New function analyze.distribution #1473

kmurphy61 · 2024-03-07T03:06:46Z

Added new function analyze.distribution. Added documentation for analyze.distribution.

Describe your changes
This new function provides a spatial analysis of pixel distribution of a mask in the X and Y dimension. This will be most useful for minirhizotron root images.

Type of update

New feature or feature enhancement
Update to documentation
Work in progress

Associated issues
Issue #1460

Additional context

For the reviewer
See this page for instructions on how to review the pull request.

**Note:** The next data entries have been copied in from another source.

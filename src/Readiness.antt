-- ===== src/Readiness.antt =====
-- scripts/pd_fleet/readiness.py: the view that joins three reports. A status is the member of its
-- closed vocabulary; the event report's vocabulary is that of event_diagnostics.py, where the view
-- is stricter. `none` stands for the ValueError that a view raises as it is built.
pub mod Composition
use project_development_skil.Base.{
  Bool, true, false, not, ◌&&◌, ◌||◌, Option, none, some, List, [], ◌∷◌, ◌++◌, any, length, ltb,
  if◌then◌else◌,
}
use project_development_skil.Supervision.{
  DiagnosisStatus, healthy, slow, suspected, blocked, degraded, failed, needs_human_intervention,
}

-- event_diagnostics._STATUS
pub data EventStatus : Type 0 where
  event_healthy event_degraded event_blocked event_unknown : EventStatus

-- run_event_reconciliation._STATUS
pub data ReconciliationStatus : Type 0 where
  consistent reconciliation_degraded reconciliation_unknown : ReconciliationStatus

pub data ReadinessStatus : Type 0 where
  view_ready view_unknown view_degraded view_blocked : ReadinessStatus

pub data Reason : Type 0 where
  supervisor_blocked source_degraded missing_or_unknown_source : Reason

pub data Component : Type 0 where
  supervisor event reconciliation : Component

pub record ReadinessView : Type 0 where
  pub status : ReadinessStatus
  pub supervisor_status : Option DiagnosisStatus
  pub event_status : Option EventStatus
  pub reconciliation_status : Option ReconciliationStatus
  pub reasons : List Reason
  pub present_components : List Component

abbrev listed {ℓ} : {A : Type ℓ} → Option A → Component → List Component → List Component
listed none c rest = rest
listed (some _) c rest = c ∷ rest

-- The names of the reports that are there, in the fixed order.
abbrev pub components {ℓ κ μ} :
    {A : Type ℓ} {B : Type κ} {C : Type μ} → Option A → Option B → Option C → List Component
components s e r = listed s supervisor (listed e event (listed r reconciliation []))

-- `_status`: the view refuses the event status "blocked".
abbrev event_accepted : Option EventStatus → Bool
event_accepted (some event_blocked) = false
event_accepted _ = true

abbrev pub is_blocking : Option DiagnosisStatus → Bool
is_blocking (some blocked) = true
is_blocking (some failed) = true
is_blocking (some needs_human_intervention) = true
is_blocking _ = false

abbrev is_slow : Option DiagnosisStatus → Bool
is_slow (some slow) = true
is_slow (some degraded) = true
is_slow _ = false

abbrev is_suspected : Option DiagnosisStatus → Bool
is_suspected (some suspected) = true
is_suspected _ = false

abbrev healthy_or_none : Option DiagnosisStatus → Bool
healthy_or_none none = true
healthy_or_none (some healthy) = true
healthy_or_none _ = false

abbrev event_is_degraded : Option EventStatus → Bool
event_is_degraded (some event_degraded) = true
event_is_degraded _ = false

abbrev event_is_unknown : Option EventStatus → Bool
event_is_unknown (some event_unknown) = true
event_is_unknown _ = false

abbrev event_healthy_or_none : Option EventStatus → Bool
event_healthy_or_none none = true
event_healthy_or_none (some event_healthy) = true
event_healthy_or_none _ = false

abbrev reconciliation_is_degraded : Option ReconciliationStatus → Bool
reconciliation_is_degraded (some reconciliation_degraded) = true
reconciliation_is_degraded _ = false

abbrev reconciliation_is_unknown : Option ReconciliationStatus → Bool
reconciliation_is_unknown (some reconciliation_unknown) = true
reconciliation_is_unknown _ = false

abbrev consistent_or_none : Option ReconciliationStatus → Bool
consistent_or_none none = true
consistent_or_none (some consistent) = true
consistent_or_none _ = false

-- `components != expected`
abbrev same_component : Component → Component → Bool
same_component supervisor supervisor = true
same_component event event = true
same_component reconciliation reconciliation = true
same_component _ _ = false

abbrev same_components : List Component → List Component → Bool
same_components [] [] = true
same_components (c ∷ cs) (d ∷ ds) = same_component c d && same_components cs ds
same_components _ _ = false

-- `reasons == (reason,)`
abbrev is_just : Reason → List Reason → Bool
is_just supervisor_blocked (supervisor_blocked ∷ []) = true
is_just source_degraded (source_degraded ∷ []) = true
is_just missing_or_unknown_source (missing_or_unknown_source ∷ []) = true
is_just _ _ = false

abbrev no_reasons : List Reason → Bool
no_reasons [] = true
no_reasons (r ∷ rs) = false

abbrev no_components : List Component → Bool
no_components [] = true
no_components (c ∷ cs) = false

-- The last test of ReadinessView.__post_init__, one clause for each status.
consistent_status : ReadinessStatus → ReadinessView → Bool
consistent_status view_ready v =
    no_reasons v.reasons
    && (healthy_or_none v.supervisor_status
        && (event_healthy_or_none v.event_status && consistent_or_none v.reconciliation_status))
consistent_status view_blocked v =
    is_just supervisor_blocked v.reasons && is_blocking v.supervisor_status
consistent_status view_degraded v =
    is_just source_degraded v.reasons
    && (is_slow v.supervisor_status
        || event_is_degraded v.event_status
        || reconciliation_is_degraded v.reconciliation_status)
consistent_status view_unknown v =
    is_just missing_or_unknown_source v.reasons
    && (no_components v.present_components
        || is_suspected v.supervisor_status
        || event_is_unknown v.event_status
        || reconciliation_is_unknown v.reconciliation_status)

abbrev same_reason : Reason → Reason → Bool
same_reason supervisor_blocked supervisor_blocked = true
same_reason source_degraded source_degraded = true
same_reason missing_or_unknown_source missing_or_unknown_source = true
same_reason _ _ = false

-- `_fixed_tuple(…, dedupe=True)`: the first occurrences, in order
dedupe : List Reason → List Reason → List Reason
dedupe seen [] = seen
dedupe seen (r ∷ rs) = dedupe (if any (same_reason r) seen then seen else seen ++ r ∷ []) rs

-- __post_init__: more than three reasons are refused, repeated ones are dropped.
unfoldable pub build_view : ReadinessView → Option ReadinessView
unfolding consistent_status dedupe
build_view v =
    let detached = record v { reasons = dedupe [] v.reasons } in
    if ltb 3 (length v.reasons) || not (event_accepted v.event_status)
    then none
    else if not (
        same_components v.present_components
          (components v.supervisor_status v.event_status v.reconciliation_status))
    then none
    else if consistent_status v.status detached
    then some detached
    else none

-- The status and the reasons that `compose_readiness` chooses.
choose :
    Option DiagnosisStatus
    → Option EventStatus
    → Option ReconciliationStatus
    → ReadinessStatus × List Reason
choose s e r =
    if is_blocking s
    then (view_blocked, supervisor_blocked ∷ [])
    else if is_slow s || event_is_degraded e || reconciliation_is_degraded r
    then (view_degraded, source_degraded ∷ [])
    else if no_components (components s e r)
        || is_suspected s
        || event_is_unknown e
        || reconciliation_is_unknown r
    then (view_unknown, missing_or_unknown_source ∷ [])
    else (view_ready, [])

-- The arguments are the statuses of the three reports, `none` where a report is not given.
unfoldable pub compose_readiness :
    Option DiagnosisStatus → Option EventStatus → Option ReconciliationStatus → Option ReadinessView
unfolding choose build_view
compose_readiness s e r =
    let (status, reasons) = choose s e r in
    build_view (record {
      status = status;
      supervisor_status = s;
      event_status = e;
      reconciliation_status = r;
      reasons = reasons;
      present_components = components s e r;
    })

PR functionality reviewed in a Jupyter Notebook
All tests pass
Test coverage remains 100%
Documentation tested
New documentation pages added to plantcv/mkdocs.yml
Changes to function input/output signatures added to updating.md
Code reviewed
PR approved

Added new function analyze.distribution. Added documentation for analyze.distribution.

deepsource-io · 2024-03-07T03:07:59Z

Here's the code health analysis summary for commits baface0..ced92f0. View details on DeepSource ↗.

Analysis Summary

Analyzer	Status	Summary	Link
Python	✅ Success		View Check ↗
Test coverage	✅ Success		View Check ↗

Code Coverage Report

Metric	Aggregate	Python
Branch Coverage	100%	100%
Composite Coverage	94%	94%
Line Coverage	94%	94%
New Branch Coverage	100%	100%
New Composite Coverage	100%	100%
New Line Coverage	100%, ✅ Above Threshold	100%, ✅ Above Threshold

💡 If you’re a repository administrator, you can configure the quality gates from the settings.

Updates to distribution.py to fix errors in numpy to python list for the histogram axes.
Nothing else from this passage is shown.